One part of the solution would be something like the “NUFA” (Non Uniform File Access) feature that GlusterFS used to have, but which has been deprecated since “DHT” replaced “unify” before I was even seriously involved with the project. The idea behind NUFA was to create files locally whenever possible, and write to those local files instead of via the “normal” kind of distribution. That sounds ideal except that as soon as you add replication you’re writing remotely again, so NUFA’s not doing anything for you . . . or is it? It’s making sure one copy of the file is local. What if we could make that the only copy initially, so that we only do local writes in the main I/O path, but with some control over how long it takes before that data does get replicated somewhere else? That’s where my bypass translator comes in. It’s not production quality yet, but it basically fits the bill of setting up two replicas and then populating only one. Since it works with the regular AFR translator, you can then use regular self-heal to propagate the changes to another replica. With self-heal becoming more precise, thanks to lots of hard work by other members of the GlusterFS team, this will soon be a pretty efficient process. The only thing you lose is strict ordering. Thus, you might not want to do this for parallel applications that depend on such ordering but it’s probably fine for sharing on the time scale of a person working on one workstation before lunch and a different one after. Your I/O flow would be something like this:

  • User at workstation A creates a new file and writes data into it. The file is actually created on A and B, but the data is only written into A (with all of the pending flags set so AFR knows that B needs an update).
  • Every ten minutes, a job runs that “self-heals” partially written files from A to B, A to C, or in any other case where A shares a replica set with one of the other workstations.
  • The same user subsequently sits down at workstation C and reads the same file. It’s read from A and/or B, which is unfortunate, but that’s a case where we can deploy caching to remove some of the sting.

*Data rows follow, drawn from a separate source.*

-- ===== src/Examples/DsnRuns.antt =====
-- The address of a database that checks certificates.
use notip_data_consumer.Prelude.{◌≡◌, refl, some, [], arith, ◌∷◌, []}
use notip_data_consumer.Prelude.Bytes.{Bytes, bytes_eqb, lit}
use notip_data_consumer.Prelude.Int.{pos}
use notip_data_consumer.Prelude.Outcome.{ok}
use notip_data_consumer.Text.{trim_space}
use notip_data_consumer.Config.{Config}
use notip_data_consumer.Config.Load.{default_config}
use notip_data_consumer.Config.Dsn.{get_database_dsn}
use notip_data_consumer.Config.DsnRead.{IsAddress, read_dsn, read_dsn-get_database_dsn}

abbrev address : Config
address = record (default_config (λ _. [])) {
  db_host = lit "db";
  db_port = pos 5433;
  db_name = lit "telemetry";
  db_user = lit "writer";
  db_ssl_mode = lit "verify-ca";
  db_ssl_root_cert = lit "/ca.pem";
}

abbrev secret : Bytes
secret = lit "p@ss/w rd\n"

address-IsAddress : IsAddress address
address-IsAddress = record {
  user_text = ground arith;
  host_text = ground arith;
  host_plain = ground arith;
  port_range = ground arith;
  name_text = ground arith;
  name_relative = refl;
  mode_text = ground arith;
  cert_text = ground arith;
}

address_written :
    get_database_dsn {E = Unit {0}} (ok secret) address
    ≡ ok (
        lit
          "postgres://writer:p%40ss%2Fw%20rd@db:5433/telemetry?sslmode=verify-ca&sslrootcert=%2Fca.pem")
unfolding get_database_dsn default_config bytes_eqb
address_written = refl

read_dsn-get_database_dsn_example :
    (d : Bytes) × (get_database_dsn {E = Unit {0}} (ok secret) address ≡ ok d)
    × (read_dsn d ≡ record {
      scheme = lit "postgres";
      user = some (lit "writer");
      password = some (trim_space secret);
      host = lit "db";
      port = ok (pos 5433);
      database = some (lit "telemetry");
      settings =
          (some (lit "sslmode"), some (lit "verify-ca"))
          ∷ (some (lit "sslrootcert"), some (lit "/ca.pem"))
          ∷ [];
    })
unfolding bytes_eqb
read_dsn-get_database_dsn_example =
    read_dsn-get_database_dsn secret address (ground arith) address-IsAddress
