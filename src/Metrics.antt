-- ===== src/Metrics.antt =====
-- internal/metrics/metrics.go: the metrics, their registration, and the methods that move them. The
-- registry is Prometheus's, an argument; a `float64` is of a type that is left open.
pub mod Registered
use notip_data_consumer.Prelude.{
  ℕ, ◌+◌, Bool, true, false, Option, none, some, List, [], ◌∷◌, ◌++◌, if◌then◌else◌,
}
use notip_data_consumer.Prelude.Bytes.{Bytes, lit}
use notip_data_consumer.Prelude.Outcome.{Outcome, returns, panics, ◌>>=◌}
use notip_data_consumer.Model.{Duration}

-- The fields of `Metrics`
pub data Metric : Type 0 where
  messages_received message_parsing_errors messages_written write_errors write_latency : Metric
  batch_size alerts_published alert_publish_errors heartbeat_map_size : Metric
  heartbeat_tick_duration status_update_errors status_update_dropped : Metric
  dispatch_queue_length alert_cache_refresh_errors alert_cache_last_success : Metric
  nats_reconnects lifecycle_query_errors : Metric

-- Their names, as `New` gives them.
abbrev pub name : Metric → Bytes
name messages_received = lit "notip_consumer_messages_received_total"
name message_parsing_errors = lit "notip_consumer_message_parsing_errors_total"
name messages_written = lit "notip_consumer_messages_written_total"
name write_errors = lit "notip_consumer_write_errors_total"
name write_latency = lit "notip_consumer_write_duration_seconds"
name batch_size = lit "notip_consumer_batch_size"
name alerts_published = lit "notip_consumer_alerts_published_total"
name alert_publish_errors = lit "notip_consumer_alert_publish_errors_total"
name heartbeat_map_size = lit "notip_consumer_heartbeat_map_size"
name heartbeat_tick_duration = lit "notip_consumer_heartbeat_tick_duration_seconds"
name status_update_errors = lit "notip_consumer_status_update_errors_total"
name status_update_dropped = lit "notip_consumer_status_update_dropped_total"
name dispatch_queue_length = lit "notip_consumer_dispatch_queue_length"
name alert_cache_refresh_errors = lit "notip_consumer_alert_cache_refresh_errors_total"
name alert_cache_last_success = lit "notip_consumer_alert_cache_last_success_timestamp"
name nats_reconnects = lit "notip_consumer_nats_reconnects_total"
name lifecycle_query_errors = lit "notip_consumer_lifecycle_query_errors_total"

-- In the order in which `New` registers them.
abbrev pub all_metrics : List Metric
all_metrics =
    messages_received ∷ message_parsing_errors ∷ messages_written ∷ write_errors ∷ write_latency
    ∷ batch_size ∷ alerts_published ∷ alert_publish_errors ∷ heartbeat_map_size
    ∷ heartbeat_tick_duration ∷ status_update_errors ∷ status_update_dropped ∷ dispatch_queue_length
    ∷ alert_cache_refresh_errors ∷ alert_cache_last_success ∷ nats_reconnects
    ∷ lifecycle_query_errors ∷ []

-- `prometheus.Registerer`, as far as `New` uses it: `Register` takes a metric by its name, or refuses it.
module _ {R : Type 0} (register : Bytes → R → Option R) where
  registered : Option R → (R → Outcome R) → Outcome R
  registered none rest = panics
  registered (some r) rest = rest r

  -- `MustRegister` panics at the first metric that is refused.
  unfoldable pub must_register : List Metric → R → Outcome R
  unfolding registered
  must_register [] r = returns r
  must_register (m ∷ ms) r = registered (register (name m) r) (must_register ms)

  -- `New`, by what it makes of the registry
  unfoldable pub new_metrics : R → Outcome R
  unfolding must_register
  new_metrics r = must_register all_metrics r

-- `Metrics`, by what its handles have been told: how often a counter was incremented, what a gauge was
-- set to, and the observations of a histogram, oldest first. `F` stands for `float64`.
pub record Metrics (F : Type 0) : Type 0 where
  pub messages_received : ℕ
  pub message_parsing_errors : ℕ
  pub messages_written : ℕ
  pub write_errors : ℕ
  pub write_latency : List F
  pub batch_size : List F
  pub alerts_published : ℕ
  pub alert_publish_errors : ℕ
  pub heartbeat_map_size : Option F
  pub heartbeat_tick_duration : List F
  pub status_update_errors : ℕ
  pub status_update_dropped : ℕ
  pub dispatch_queue_length : Option F
  pub alert_cache_refresh_errors : ℕ
  pub alert_cache_last_success : Option F
  pub nats_reconnects : ℕ
  pub lifecycle_query_errors : ℕ

-- The calls of the methods.
pub data MetricCall (F : Type 0) : Type 0 where
  inc_messages_received : MetricCall F
  inc_message_parsing_errors : MetricCall F
  inc_messages_written : MetricCall F
  inc_write_errors : MetricCall F
  observe_write_latency : Duration → MetricCall F
  observe_batch_size : F → MetricCall F
  inc_alerts_published : MetricCall F
  inc_alert_publish_errors : MetricCall F
  set_heartbeat_map_size : F → MetricCall F
  observe_heartbeat_tick_duration : Duration → MetricCall F
  inc_status_update_errors : MetricCall F
  inc_status_update_dropped : MetricCall F
  set_dispatch_queue_length : F → MetricCall F
  inc_alert_cache_refresh_errors : MetricCall F
  set_alert_cache_last_success : F → MetricCall F
  inc_nats_reconnects : MetricCall F
  inc_lifecycle_query_errors : MetricCall F

-- The methods, by their calls; `to_seconds` stands for `Duration.Seconds`.
unfoldable pub perform : {F : Type 0} → (Duration → F) → MetricCall F → Metrics F → Metrics F
perform to_seconds inc_messages_received m = record m {
  messages_received = m.messages_received + 1;
}
perform to_seconds inc_message_parsing_errors m = record m {
  message_parsing_errors = m.message_parsing_errors + 1;
}
perform to_seconds inc_messages_written m = record m { messages_written = m.messages_written + 1 }
perform to_seconds inc_write_errors m = record m { write_errors = m.write_errors + 1 }
perform to_seconds (observe_write_latency d) m = record m {
  write_latency = m.write_latency ++ to_seconds d ∷ [];
}
perform to_seconds (observe_batch_size v) m = record m { batch_size = m.batch_size ++ v ∷ [] }
perform to_seconds inc_alerts_published m = record m { alerts_published = m.alerts_published + 1 }
perform to_seconds inc_alert_publish_errors m = record m {
  alert_publish_errors = m.alert_publish_errors + 1;
}
perform to_seconds (set_heartbeat_map_size v) m = record m { heartbeat_map_size = some v }
perform to_seconds (observe_heartbeat_tick_duration d) m = record m {
  heartbeat_tick_duration = m.heartbeat_tick_duration ++ to_seconds d ∷ [];
}
perform to_seconds inc_status_update_errors m = record m {
  status_update_errors = m.status_update_errors + 1;
}
perform to_seconds inc_status_update_dropped m = record m {
  status_update_dropped = m.status_update_dropped + 1;
}
perform to_seconds (set_dispatch_queue_length v) m = record m { dispatch_queue_length = some v }
perform to_seconds inc_alert_cache_refresh_errors m = record m {
  alert_cache_refresh_errors = m.alert_cache_refresh_errors + 1;
}
perform to_seconds (set_alert_cache_last_success v) m = record m {
  alert_cache_last_success = some v;
}
perform to_seconds inc_nats_reconnects m = record m { nats_reconnects = m.nats_reconnects + 1 }
perform to_seconds inc_lifecycle_query_errors m = record m {
  lifecycle_query_errors = m.lifecycle_query_errors + 1;
}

If a user gets up and moves immediately to another workstation, they might see stale data. If they then start modifying the same files from the new workstation, split-brain problems could result. Similarly, if a failure happens on A before a new file has been propagated to B, then that file’s actual contents will be unavailable until A (or at least the relevant disk from A) comes back. These might be absolute show-stoppers for most people. On the other hand, I could see using something like this myself e.g. between my work machine, my home machine, one or more laptops, and my general-purpose server at Rackspace. On the third hand, maybe I’ll just wait until I have a chance to work on my personal Patch Based Filesystem project which would handle this exact use case even better.

As a further optimization, the system could detect reads and/or existing-file writes at C for files living on A and B, then start pro-actively relocating related files so that one copy is at C. Ideally, this would mean adding a replica at C (turning two-way replication into three-way) and then deleting the replica at A or B (going back to two-way) so that data protection is maintained throughout. Unfortunately, current GlusterFS replication doesn’t offer this kind of flexibility to change replication levels on a per-file or temporary basis. We don’t have the detection of changes to trigger this migration, or the policy to identify related files, so this is all clearly in the future anyway. However, it’s a direction we could go, step by incremental step, providing at least a little bit of additional value to at least a few users each time.